> **Material to process**:
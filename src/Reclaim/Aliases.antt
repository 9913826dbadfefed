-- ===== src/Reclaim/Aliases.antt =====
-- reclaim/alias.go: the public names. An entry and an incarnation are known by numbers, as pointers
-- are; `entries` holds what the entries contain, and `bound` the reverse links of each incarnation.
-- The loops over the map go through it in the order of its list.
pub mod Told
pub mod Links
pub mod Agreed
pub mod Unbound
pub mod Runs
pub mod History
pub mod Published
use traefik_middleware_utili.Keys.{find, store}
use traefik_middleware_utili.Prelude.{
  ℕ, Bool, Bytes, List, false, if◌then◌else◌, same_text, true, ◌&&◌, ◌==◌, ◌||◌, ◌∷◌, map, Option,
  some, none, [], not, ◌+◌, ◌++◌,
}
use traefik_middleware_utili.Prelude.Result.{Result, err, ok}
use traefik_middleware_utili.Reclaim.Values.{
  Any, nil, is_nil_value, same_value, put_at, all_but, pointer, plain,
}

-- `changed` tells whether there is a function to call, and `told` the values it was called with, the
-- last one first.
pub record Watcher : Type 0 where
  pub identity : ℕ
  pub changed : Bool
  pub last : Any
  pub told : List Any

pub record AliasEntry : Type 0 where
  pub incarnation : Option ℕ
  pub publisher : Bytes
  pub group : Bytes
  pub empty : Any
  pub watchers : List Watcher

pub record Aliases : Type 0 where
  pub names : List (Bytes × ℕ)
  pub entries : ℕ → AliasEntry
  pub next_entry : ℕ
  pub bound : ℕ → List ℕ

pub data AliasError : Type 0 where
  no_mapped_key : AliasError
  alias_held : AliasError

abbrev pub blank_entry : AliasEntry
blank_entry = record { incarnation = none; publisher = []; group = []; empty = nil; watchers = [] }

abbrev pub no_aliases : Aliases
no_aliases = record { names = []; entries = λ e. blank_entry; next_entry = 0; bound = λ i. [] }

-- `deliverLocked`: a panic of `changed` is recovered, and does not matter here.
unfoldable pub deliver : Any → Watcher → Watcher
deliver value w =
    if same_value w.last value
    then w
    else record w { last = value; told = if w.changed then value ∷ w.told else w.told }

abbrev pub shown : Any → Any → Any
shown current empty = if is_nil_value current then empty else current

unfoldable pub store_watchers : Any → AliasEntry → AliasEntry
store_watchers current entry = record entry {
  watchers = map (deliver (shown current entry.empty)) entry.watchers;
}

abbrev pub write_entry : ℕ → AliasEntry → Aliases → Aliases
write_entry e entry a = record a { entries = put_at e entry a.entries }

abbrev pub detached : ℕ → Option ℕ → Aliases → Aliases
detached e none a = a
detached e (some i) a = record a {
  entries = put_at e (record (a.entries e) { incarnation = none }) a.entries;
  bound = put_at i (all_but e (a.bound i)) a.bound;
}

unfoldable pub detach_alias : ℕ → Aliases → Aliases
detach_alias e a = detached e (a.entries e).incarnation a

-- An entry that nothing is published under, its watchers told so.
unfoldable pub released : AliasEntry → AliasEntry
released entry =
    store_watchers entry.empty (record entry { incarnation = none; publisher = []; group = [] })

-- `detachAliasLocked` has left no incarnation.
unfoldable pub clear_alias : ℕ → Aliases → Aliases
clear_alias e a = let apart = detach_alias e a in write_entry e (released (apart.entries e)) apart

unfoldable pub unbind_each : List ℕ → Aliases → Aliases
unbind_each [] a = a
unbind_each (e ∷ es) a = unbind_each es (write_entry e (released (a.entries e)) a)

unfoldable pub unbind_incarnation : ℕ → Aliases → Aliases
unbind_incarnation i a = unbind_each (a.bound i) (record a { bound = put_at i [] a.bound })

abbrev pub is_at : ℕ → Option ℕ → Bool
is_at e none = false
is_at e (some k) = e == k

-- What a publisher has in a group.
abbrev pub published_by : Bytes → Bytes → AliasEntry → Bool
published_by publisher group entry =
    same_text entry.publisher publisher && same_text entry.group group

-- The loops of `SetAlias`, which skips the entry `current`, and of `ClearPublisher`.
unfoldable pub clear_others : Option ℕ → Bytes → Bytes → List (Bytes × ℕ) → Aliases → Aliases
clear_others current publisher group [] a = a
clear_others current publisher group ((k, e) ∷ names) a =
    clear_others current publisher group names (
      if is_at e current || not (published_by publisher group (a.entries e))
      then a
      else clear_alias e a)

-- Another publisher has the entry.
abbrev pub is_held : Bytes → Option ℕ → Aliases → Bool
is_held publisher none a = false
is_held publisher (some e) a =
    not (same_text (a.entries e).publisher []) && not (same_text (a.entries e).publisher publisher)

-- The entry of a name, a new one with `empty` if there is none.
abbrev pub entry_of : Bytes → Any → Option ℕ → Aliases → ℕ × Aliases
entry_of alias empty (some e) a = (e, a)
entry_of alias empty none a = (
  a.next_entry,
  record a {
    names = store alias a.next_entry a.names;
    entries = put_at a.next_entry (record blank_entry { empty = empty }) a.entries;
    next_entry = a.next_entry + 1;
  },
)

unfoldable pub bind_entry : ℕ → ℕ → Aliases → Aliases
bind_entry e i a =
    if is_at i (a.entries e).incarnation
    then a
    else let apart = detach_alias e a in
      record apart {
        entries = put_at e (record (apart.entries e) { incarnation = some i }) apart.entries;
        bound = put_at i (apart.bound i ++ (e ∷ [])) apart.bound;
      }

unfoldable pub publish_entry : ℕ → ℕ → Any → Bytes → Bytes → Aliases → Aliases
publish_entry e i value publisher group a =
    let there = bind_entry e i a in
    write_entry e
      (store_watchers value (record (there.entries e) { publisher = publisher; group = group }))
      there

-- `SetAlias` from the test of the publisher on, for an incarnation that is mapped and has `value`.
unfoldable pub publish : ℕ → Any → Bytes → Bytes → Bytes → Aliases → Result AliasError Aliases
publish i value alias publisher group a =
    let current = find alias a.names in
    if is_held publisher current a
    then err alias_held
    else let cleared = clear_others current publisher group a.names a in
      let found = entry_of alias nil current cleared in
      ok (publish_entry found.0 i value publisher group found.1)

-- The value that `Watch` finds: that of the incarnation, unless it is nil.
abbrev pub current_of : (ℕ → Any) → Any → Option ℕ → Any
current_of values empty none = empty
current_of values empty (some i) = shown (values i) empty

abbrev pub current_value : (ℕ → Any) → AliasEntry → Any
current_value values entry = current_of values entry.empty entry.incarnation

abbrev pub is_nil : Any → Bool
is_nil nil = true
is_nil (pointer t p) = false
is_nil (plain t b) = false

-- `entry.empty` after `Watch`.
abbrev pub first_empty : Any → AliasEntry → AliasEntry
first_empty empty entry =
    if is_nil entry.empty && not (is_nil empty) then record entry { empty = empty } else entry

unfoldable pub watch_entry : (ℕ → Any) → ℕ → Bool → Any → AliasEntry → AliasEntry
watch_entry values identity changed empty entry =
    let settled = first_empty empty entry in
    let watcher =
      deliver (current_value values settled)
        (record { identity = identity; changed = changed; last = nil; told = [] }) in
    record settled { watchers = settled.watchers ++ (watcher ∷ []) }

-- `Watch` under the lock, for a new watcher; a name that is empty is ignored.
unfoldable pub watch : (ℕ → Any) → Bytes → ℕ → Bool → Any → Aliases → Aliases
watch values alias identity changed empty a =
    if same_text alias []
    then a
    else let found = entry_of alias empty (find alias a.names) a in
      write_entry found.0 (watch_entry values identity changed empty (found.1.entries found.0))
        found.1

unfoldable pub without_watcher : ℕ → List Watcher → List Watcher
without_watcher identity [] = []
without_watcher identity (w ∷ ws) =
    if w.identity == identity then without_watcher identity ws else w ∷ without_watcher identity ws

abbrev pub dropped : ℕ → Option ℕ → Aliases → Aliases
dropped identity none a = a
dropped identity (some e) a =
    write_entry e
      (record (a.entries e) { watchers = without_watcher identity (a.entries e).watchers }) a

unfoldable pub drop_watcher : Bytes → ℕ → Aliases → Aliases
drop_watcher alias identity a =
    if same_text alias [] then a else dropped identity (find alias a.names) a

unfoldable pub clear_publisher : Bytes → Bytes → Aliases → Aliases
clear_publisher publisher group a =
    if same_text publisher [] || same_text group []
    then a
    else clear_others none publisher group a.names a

* * *

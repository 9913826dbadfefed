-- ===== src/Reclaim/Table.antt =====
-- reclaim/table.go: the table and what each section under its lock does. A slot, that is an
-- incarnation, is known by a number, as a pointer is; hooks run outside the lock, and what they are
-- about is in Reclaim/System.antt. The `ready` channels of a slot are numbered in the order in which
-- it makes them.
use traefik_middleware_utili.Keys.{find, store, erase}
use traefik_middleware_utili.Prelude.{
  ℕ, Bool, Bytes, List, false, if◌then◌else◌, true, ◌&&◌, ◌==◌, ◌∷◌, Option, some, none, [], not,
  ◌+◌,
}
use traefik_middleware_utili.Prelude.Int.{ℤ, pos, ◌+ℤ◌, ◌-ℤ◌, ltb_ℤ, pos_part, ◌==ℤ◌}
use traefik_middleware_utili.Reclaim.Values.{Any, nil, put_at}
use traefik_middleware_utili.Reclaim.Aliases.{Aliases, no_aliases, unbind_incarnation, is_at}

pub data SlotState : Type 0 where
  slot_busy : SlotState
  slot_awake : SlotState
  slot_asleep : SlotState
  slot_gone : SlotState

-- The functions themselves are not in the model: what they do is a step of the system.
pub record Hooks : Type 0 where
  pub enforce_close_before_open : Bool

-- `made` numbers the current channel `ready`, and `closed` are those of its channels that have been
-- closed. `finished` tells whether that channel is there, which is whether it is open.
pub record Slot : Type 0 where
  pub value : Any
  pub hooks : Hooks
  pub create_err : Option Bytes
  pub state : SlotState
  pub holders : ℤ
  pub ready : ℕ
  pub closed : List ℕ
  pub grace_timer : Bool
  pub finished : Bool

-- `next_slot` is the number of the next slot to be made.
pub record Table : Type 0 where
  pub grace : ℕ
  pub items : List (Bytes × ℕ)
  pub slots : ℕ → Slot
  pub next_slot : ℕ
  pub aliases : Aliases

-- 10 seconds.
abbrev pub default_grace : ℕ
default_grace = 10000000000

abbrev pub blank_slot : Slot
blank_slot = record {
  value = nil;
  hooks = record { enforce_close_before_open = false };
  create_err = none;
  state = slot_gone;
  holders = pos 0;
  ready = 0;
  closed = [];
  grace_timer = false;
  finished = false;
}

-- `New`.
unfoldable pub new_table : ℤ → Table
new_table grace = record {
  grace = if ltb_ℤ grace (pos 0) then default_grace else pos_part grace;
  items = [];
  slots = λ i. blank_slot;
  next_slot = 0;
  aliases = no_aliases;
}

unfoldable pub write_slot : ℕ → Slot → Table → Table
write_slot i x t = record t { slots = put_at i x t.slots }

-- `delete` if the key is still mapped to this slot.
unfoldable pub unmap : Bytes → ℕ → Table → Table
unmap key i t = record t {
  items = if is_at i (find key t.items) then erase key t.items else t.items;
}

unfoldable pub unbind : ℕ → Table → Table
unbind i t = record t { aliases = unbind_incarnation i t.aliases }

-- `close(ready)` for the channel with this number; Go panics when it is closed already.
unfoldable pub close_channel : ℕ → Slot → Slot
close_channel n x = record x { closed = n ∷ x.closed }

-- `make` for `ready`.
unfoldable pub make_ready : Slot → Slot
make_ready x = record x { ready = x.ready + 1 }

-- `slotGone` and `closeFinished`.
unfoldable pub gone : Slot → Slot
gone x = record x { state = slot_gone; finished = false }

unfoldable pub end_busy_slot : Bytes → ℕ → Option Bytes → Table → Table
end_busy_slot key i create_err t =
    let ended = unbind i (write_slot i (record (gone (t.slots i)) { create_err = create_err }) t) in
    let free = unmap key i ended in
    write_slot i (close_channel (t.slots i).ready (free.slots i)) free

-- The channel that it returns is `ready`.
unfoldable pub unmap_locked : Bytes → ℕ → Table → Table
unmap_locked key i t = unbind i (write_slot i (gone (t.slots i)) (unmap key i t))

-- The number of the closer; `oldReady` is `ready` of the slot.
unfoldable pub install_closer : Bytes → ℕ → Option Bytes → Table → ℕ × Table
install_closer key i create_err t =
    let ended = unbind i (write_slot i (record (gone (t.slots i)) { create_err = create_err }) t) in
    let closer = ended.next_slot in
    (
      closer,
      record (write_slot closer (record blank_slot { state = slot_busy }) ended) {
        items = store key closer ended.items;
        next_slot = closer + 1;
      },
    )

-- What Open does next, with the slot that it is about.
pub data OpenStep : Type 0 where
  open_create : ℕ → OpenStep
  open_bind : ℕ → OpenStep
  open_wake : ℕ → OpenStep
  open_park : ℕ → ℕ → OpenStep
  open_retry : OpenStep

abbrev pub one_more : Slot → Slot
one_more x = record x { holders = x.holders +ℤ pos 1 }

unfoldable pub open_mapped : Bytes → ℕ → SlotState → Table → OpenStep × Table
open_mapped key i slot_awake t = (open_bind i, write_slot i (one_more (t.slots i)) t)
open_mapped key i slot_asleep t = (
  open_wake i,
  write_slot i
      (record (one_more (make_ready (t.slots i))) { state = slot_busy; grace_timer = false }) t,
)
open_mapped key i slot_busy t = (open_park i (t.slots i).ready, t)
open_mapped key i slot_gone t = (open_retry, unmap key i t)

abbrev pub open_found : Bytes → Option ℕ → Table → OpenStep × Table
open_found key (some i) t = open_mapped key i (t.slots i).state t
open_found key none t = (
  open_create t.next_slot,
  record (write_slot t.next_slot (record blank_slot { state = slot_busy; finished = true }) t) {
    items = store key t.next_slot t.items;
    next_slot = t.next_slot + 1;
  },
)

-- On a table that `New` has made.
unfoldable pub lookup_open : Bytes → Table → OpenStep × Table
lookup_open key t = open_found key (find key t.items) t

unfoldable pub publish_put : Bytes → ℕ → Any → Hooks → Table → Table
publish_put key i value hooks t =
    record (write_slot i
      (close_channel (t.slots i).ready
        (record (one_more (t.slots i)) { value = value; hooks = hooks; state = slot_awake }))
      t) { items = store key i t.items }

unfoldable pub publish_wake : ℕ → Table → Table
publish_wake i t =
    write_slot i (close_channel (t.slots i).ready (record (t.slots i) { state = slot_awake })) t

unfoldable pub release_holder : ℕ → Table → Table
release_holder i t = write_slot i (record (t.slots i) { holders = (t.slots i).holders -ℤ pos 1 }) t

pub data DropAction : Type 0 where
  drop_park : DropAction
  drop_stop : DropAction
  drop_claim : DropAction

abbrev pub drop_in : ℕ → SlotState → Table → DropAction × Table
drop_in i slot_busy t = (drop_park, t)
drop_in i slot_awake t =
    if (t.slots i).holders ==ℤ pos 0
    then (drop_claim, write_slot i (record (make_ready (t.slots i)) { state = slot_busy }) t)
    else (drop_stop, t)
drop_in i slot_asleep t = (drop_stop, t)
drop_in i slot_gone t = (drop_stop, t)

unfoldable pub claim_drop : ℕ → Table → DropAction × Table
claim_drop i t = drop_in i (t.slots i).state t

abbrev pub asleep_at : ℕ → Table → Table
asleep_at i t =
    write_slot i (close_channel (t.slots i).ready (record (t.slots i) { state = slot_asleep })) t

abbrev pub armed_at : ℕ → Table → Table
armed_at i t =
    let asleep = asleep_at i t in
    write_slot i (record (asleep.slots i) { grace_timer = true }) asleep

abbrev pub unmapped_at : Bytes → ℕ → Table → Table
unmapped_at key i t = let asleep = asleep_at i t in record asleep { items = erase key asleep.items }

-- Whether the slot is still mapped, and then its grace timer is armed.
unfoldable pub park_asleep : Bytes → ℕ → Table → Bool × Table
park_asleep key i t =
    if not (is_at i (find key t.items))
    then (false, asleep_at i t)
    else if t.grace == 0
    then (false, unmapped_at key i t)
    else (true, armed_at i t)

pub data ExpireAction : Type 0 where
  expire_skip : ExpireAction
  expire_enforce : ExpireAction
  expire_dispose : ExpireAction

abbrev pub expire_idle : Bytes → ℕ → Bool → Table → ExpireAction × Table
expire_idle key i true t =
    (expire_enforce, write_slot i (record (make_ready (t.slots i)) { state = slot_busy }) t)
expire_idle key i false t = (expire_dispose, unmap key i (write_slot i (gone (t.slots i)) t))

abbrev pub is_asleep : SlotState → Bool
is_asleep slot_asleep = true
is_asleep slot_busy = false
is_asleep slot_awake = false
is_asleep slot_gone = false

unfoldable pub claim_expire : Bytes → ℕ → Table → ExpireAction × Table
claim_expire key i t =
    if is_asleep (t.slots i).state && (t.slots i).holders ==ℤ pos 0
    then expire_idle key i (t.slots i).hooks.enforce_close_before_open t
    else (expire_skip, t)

> **Exercise details**: Transcribe, exactly and without additions, the lines of the records above, beginning with the line that contains "pub identity : ℕ" and ending with the line that contains "no_aliases = record", both included.

> **Answer space**:
  pub identity : ℕ
  pub changed : Bool
  pub last : Any
  pub told : List Any

pub record AliasEntry : Type 0 where
  pub incarnation : Option ℕ
  pub publisher : Bytes
  pub group : Bytes
  pub empty : Any
  pub watchers : List Watcher

pub record Aliases : Type 0 where
  pub names : List (Bytes × ℕ)
  pub entries : ℕ → AliasEntry
  pub next_entry : ℕ
  pub bound : ℕ → List ℕ

pub data AliasError : Type 0 where
  no_mapped_key : AliasError
  alias_held : AliasError

abbrev pub blank_entry : AliasEntry
blank_entry = record { incarnation = none; publisher = []; group = []; empty = nil; watchers = [] }

abbrev pub no_aliases : Aliases
no_aliases = record { names = []; entries = λ e. blank_entry; next_entry = 0; bound = λ i. [] }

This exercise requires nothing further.